◆ WORK INSTRUCTIONS ◆
Find "loop-IsFmEncoded nr (stored" and "dec.inside k l" in the records below. Copy the lines holding them and every line between, exactly, and no others.

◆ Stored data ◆
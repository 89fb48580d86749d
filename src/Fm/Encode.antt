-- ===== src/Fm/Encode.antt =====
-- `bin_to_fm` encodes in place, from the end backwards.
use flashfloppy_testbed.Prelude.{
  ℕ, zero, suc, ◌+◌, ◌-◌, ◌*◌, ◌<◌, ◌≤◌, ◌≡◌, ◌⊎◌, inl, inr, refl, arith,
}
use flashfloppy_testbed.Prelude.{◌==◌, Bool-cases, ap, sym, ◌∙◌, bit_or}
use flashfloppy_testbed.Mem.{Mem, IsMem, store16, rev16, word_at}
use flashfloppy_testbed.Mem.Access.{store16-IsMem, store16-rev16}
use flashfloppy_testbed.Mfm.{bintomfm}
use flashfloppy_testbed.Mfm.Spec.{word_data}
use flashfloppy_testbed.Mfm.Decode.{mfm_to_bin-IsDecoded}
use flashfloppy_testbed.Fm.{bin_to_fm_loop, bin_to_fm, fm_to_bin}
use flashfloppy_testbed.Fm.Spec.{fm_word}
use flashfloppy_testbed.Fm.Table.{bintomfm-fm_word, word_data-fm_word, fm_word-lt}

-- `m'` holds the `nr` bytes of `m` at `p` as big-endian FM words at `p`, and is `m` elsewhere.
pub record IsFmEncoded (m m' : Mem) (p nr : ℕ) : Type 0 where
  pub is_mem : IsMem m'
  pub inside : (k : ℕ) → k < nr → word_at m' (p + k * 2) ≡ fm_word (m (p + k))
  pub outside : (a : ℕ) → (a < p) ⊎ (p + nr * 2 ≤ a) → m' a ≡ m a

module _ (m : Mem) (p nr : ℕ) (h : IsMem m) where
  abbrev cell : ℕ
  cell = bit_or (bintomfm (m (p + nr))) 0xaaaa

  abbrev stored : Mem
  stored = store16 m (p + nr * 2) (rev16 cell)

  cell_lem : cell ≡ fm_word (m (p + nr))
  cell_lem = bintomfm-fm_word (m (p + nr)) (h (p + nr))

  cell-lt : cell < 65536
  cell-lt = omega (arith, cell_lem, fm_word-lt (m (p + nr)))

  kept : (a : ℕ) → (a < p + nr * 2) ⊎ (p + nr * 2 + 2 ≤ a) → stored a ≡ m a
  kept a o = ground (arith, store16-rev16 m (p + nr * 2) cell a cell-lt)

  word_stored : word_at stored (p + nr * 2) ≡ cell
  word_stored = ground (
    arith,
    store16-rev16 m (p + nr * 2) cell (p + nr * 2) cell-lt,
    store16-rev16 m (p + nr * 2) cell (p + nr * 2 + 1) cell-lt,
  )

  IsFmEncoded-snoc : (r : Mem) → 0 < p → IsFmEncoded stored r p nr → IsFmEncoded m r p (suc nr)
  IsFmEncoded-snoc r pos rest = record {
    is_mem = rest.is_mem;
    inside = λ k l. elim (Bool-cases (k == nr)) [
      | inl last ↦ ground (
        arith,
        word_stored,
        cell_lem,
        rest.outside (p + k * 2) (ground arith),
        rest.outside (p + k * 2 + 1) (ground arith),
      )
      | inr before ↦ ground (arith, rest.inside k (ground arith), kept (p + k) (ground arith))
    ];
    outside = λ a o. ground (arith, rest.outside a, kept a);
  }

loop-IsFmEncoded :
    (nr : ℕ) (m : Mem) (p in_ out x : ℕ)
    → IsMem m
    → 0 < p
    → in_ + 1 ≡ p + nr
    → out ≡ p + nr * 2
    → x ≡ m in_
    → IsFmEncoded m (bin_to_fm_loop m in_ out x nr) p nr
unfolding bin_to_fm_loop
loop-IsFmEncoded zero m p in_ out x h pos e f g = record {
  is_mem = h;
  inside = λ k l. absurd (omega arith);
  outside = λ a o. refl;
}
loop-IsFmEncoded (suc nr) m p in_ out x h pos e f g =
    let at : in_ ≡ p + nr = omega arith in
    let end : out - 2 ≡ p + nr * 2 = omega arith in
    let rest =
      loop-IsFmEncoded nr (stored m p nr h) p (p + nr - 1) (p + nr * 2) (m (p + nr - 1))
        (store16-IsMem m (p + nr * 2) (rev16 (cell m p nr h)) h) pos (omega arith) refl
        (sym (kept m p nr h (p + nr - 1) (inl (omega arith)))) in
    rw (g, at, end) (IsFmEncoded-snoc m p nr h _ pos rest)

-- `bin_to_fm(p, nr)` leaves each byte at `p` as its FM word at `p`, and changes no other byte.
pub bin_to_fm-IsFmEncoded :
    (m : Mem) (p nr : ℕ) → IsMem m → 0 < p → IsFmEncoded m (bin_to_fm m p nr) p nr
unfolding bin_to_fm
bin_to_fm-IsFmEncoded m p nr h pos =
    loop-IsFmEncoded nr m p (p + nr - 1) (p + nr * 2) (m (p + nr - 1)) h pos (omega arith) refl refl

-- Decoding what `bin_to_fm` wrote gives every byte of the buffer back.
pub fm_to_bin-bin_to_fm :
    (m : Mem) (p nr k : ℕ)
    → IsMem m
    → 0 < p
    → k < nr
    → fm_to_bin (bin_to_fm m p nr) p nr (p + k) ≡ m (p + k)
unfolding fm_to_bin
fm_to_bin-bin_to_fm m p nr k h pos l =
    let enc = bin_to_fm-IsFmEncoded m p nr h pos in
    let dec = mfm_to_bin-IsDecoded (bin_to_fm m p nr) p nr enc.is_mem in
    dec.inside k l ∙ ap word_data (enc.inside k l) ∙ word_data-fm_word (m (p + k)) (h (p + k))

* * *

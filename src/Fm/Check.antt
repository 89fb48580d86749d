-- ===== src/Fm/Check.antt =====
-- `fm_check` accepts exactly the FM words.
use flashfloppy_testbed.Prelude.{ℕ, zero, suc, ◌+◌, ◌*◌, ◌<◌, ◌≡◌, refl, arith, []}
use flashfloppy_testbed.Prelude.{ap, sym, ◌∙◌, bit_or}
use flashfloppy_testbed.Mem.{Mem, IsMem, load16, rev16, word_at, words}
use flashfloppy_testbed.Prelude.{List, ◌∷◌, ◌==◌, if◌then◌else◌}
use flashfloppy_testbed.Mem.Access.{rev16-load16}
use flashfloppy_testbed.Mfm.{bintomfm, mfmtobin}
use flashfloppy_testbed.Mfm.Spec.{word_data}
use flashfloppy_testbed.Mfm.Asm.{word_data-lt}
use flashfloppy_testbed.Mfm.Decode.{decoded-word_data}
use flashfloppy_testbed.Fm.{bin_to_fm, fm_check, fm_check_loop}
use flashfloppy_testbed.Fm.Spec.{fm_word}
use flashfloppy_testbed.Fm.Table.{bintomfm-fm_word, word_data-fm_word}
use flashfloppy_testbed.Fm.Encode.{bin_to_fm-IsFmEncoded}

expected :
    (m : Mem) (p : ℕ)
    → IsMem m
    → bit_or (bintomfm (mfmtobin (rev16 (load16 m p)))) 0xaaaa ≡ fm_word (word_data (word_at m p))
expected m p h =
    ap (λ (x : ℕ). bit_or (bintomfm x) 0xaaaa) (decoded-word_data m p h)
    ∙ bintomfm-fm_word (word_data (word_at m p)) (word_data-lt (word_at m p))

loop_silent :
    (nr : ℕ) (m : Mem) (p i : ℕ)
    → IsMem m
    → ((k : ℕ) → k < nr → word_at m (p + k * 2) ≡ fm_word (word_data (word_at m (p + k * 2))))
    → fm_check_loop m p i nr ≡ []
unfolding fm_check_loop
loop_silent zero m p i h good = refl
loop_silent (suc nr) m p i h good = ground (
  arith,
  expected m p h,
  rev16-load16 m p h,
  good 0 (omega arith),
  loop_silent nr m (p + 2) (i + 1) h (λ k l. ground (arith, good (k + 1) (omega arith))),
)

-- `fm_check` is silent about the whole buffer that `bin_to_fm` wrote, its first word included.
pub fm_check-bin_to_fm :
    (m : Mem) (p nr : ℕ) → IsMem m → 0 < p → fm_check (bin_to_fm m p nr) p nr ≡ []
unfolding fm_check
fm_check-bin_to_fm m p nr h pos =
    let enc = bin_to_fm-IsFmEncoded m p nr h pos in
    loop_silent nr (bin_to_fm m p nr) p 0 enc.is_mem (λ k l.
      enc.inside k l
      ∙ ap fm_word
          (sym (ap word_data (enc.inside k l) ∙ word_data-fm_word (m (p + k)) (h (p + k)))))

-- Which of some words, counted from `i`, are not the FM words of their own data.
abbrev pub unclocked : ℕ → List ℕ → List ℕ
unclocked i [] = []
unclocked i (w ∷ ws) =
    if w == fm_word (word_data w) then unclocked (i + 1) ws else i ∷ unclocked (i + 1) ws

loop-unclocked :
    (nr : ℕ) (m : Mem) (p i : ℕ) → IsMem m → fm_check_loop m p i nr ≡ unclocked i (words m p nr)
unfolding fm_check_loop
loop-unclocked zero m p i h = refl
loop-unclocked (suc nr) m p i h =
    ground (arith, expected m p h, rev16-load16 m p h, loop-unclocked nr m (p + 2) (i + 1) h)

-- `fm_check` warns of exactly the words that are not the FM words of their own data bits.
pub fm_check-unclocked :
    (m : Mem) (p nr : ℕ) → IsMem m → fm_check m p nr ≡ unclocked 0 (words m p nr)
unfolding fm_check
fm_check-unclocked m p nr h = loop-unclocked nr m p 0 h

◆ WRITTEN RESPONSE ◆
      loop-IsFmEncoded nr (stored m p nr h) p (p + nr - 1) (p + nr * 2) (m (p + nr - 1))
        (store16-IsMem m (p + nr * 2) (rev16 (cell m p nr h)) h) pos (omega arith) refl
        (sym (kept m p nr h (p + nr - 1) (inl (omega arith)))) in
    rw (g, at, end) (IsFmEncoded-snoc m p nr h _ pos rest)

-- `bin_to_fm(p, nr)` leaves each byte at `p` as its FM word at `p`, and changes no other byte.
pub bin_to_fm-IsFmEncoded :
    (m : Mem) (p nr : ℕ) → IsMem m → 0 < p → IsFmEncoded m (bin_to_fm m p nr) p nr
unfolding bin_to_fm
bin_to_fm-IsFmEncoded m p nr h pos =
    loop-IsFmEncoded nr m p (p + nr - 1) (p + nr * 2) (m (p + nr - 1)) h pos (omega arith) refl refl

-- Decoding what `bin_to_fm` wrote gives every byte of the buffer back.
pub fm_to_bin-bin_to_fm :
    (m : Mem) (p nr k : ℕ)
    → IsMem m
    → 0 < p
    → k < nr
    → fm_to_bin (bin_to_fm m p nr) p nr (p + k) ≡ m (p + k)
unfolding fm_to_bin
fm_to_bin-bin_to_fm m p nr k h pos l =
    let enc = bin_to_fm-IsFmEncoded m p nr h pos in
    let dec = mfm_to_bin-IsDecoded (bin_to_fm m p nr) p nr enc.is_mem in
    dec.inside k l ∙ ap word_data (enc.inside k l) ∙ word_data-fm_word (m (p + k)) (h (p + k))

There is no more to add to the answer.